4. Key Claim Construction Positions

  • “piperidine N-oxide thereof”: Petitioner argued this term is undefined by structure or chemical name in the specification. A POSITA would understand it to require adding an oxygen atom to the nitrogen of the piperidine ring in lomitapide, but the specification provides no support for this specific derivative or its clinical activity.
  • “about 1 to 4 weeks”: Petitioner argued that the prior art’s teaching of evaluating safety at four weeks and escalating the dose at five weeks is encompassed by the term “about four weeks.” It asserted this was an obvious and routine variation in clinical trial design, not a patentable distinction.

5. Key Technical Contentions (Beyond Claim Construction)

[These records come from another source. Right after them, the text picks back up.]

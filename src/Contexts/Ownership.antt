-- ===== src/Contexts/Ownership.antt =====
-- An owner's calls and other owners' contexts.
use warp_work.Base.{ℕ, ◌≡◌, ◌≢◌, refl, ◌∙◌, Bool, true, List, [], ◌∷◌, keep, change, ◌==◌, arith}
use warp_work.Store.{Env, World}
use warp_work.Store.Contexts.{
  Context, ContextDb, NewContext, ContextChange, archived, changed, is_own, create_context,
  insert_context, archive_context, update_context,
}
use warp_work.Contexts.{CreateParams, create, update, archive}
use warp_work.Contexts.Statements.{
  Step, creates, updates, archives, Run, here, next, create-Moves, update-Moves, archive-Moves,
}

module _ (other : ℕ) where
  -- The contexts of an owner.
  abbrev pub of_owner : ContextDb → List Context
  of_owner db = keep (λ c. c.user_id == other) db.contexts

  abbrev pub owned_by : World ContextDb → List Context
  owned_by w = of_owner w.db

  keep-change :
      (f : Context → Context) (q : Context → Bool) (cs : List Context)
      → ((c : Context) → (f c).user_id ≡ c.user_id)
      → ((c : Context) → q c ≡ true → c.user_id ≢ other)
      → keep (λ c. c.user_id == other) (change q f cs) ≡ keep (λ c. c.user_id == other) cs
  keep-change f q [] h k = refl
  keep-change f q (c ∷ cs) h k = ground (arith, h c, k c, keep-change f q cs h k)

module _ (other user_id : ℕ) (d : other ≢ user_id) where
  own_differs : (id : ℕ) (c : Context) → is_own id user_id c ≡ true → c.user_id ≢ other
  unfolding is_own
  own_differs id c h e = ground arith

  of_owner-create_context :
      (arg : NewContext) (at : ℕ) (db : ContextDb)
      → arg.user_id ≡ user_id
      → of_owner other (create_context arg at db).1 ≡ of_owner other db
  unfolding create_context insert_context
  of_owner-create_context arg at db e = ground arith

  of_owner-update_context :
      (id : ℕ) (arg : ContextChange) (at : ℕ) (db : ContextDb)
      → of_owner other (update_context id user_id arg at db).1 ≡ of_owner other db
  unfolding update_context
  of_owner-update_context id arg at db = ground (
    arith,
    keep-change other (changed arg) (is_own id user_id) db.contexts (λ c. unfold changed in refl)
        (own_differs id),
  )

  of_owner-archive_context :
      (id at : ℕ) (db : ContextDb)
      → of_owner other (archive_context id user_id at db).1 ≡ of_owner other db
  unfolding archive_context
  of_owner-archive_context id at db = ground (
    arith,
    keep-change other archived (is_own id user_id) db.contexts (λ c. refl) (own_differs id),
  )

module _ (other : ℕ) where
  of_owner-Step :
      {user_id : ℕ} {a b : ContextDb}
      → other ≢ user_id
      → Step user_id a b
      → of_owner other b ≡ of_owner other a
  of_owner-Step {user_id} d (creates arg at db e) =
      of_owner-create_context other user_id d arg at db e
  of_owner-Step {user_id} d (updates id arg at db) =
      of_owner-update_context other user_id d id arg at db
  of_owner-Step {user_id} d (archives id at db) = of_owner-archive_context other user_id d id at db

  -- Statements of other users, in any order.
  of_owner-Run :
      {P : ℕ → Type 0} {a b : ContextDb}
      → ((user_id : ℕ) → P user_id → other ≢ user_id)
      → Run P a b
      → of_owner other b ≡ of_owner other a
  of_owner-Run h here = refl
  of_owner-Run h (next {user_id = user_id} p r s) = of_owner-Step (h user_id p) s ∙ of_owner-Run h r

module _ (env : Env) (other user_id : ℕ) (d : other ≢ user_id) where
  own_statements :
      {a b : ContextDb} → Run (λ u. u ≡ user_id) a b → of_owner other b ≡ of_owner other a
  own_statements = of_owner-Run other (λ u e q. d (q ∙ e))

  -- Whatever an owner creates, updates or archives, and whether the call succeeds or not, the
  -- contexts of every other owner stay as they were.
  pub owned_by-calls :
      (arg : CreateParams) (change : ContextChange) (id : ℕ) (w : World ContextDb)
      → (owned_by other (create env user_id arg w).1 ≡ owned_by other w)
        × (owned_by other (update env user_id id change w).1 ≡ owned_by other w)
        × (owned_by other (archive env user_id id w).1 ≡ owned_by other w)
  owned_by-calls arg change id w = (
    own_statements ((create-Moves env user_id arg).at w),
    own_statements ((update-Moves env user_id id change).at w),
    own_statements ((archive-Moves env user_id id).at w),
  )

  • Denial of Priority Date: Petitioner dedicated a significant portion of its argument to contending the ’268 patent was not entitled to the filing date of its provisional application (March 5, 2004). The argument was that the provisional failed to provide written description support for the specific numerical dose ranges and the "piperidine N-oxide" limitation recited in the issued claims. Therefore, the patent’s effective priority date is its actual filing date of March 7, 2005, making Pink Sheet 2004 and Stein 2004 (both from February 2004) prior art under 35 U.S.C. §102(b).

6. Relief Requested

  • Petitioner requested institution of an inter partes review and cancellation of claims 1-8 of the ’268 patent as unpatentable under 35 U.S.C. §103.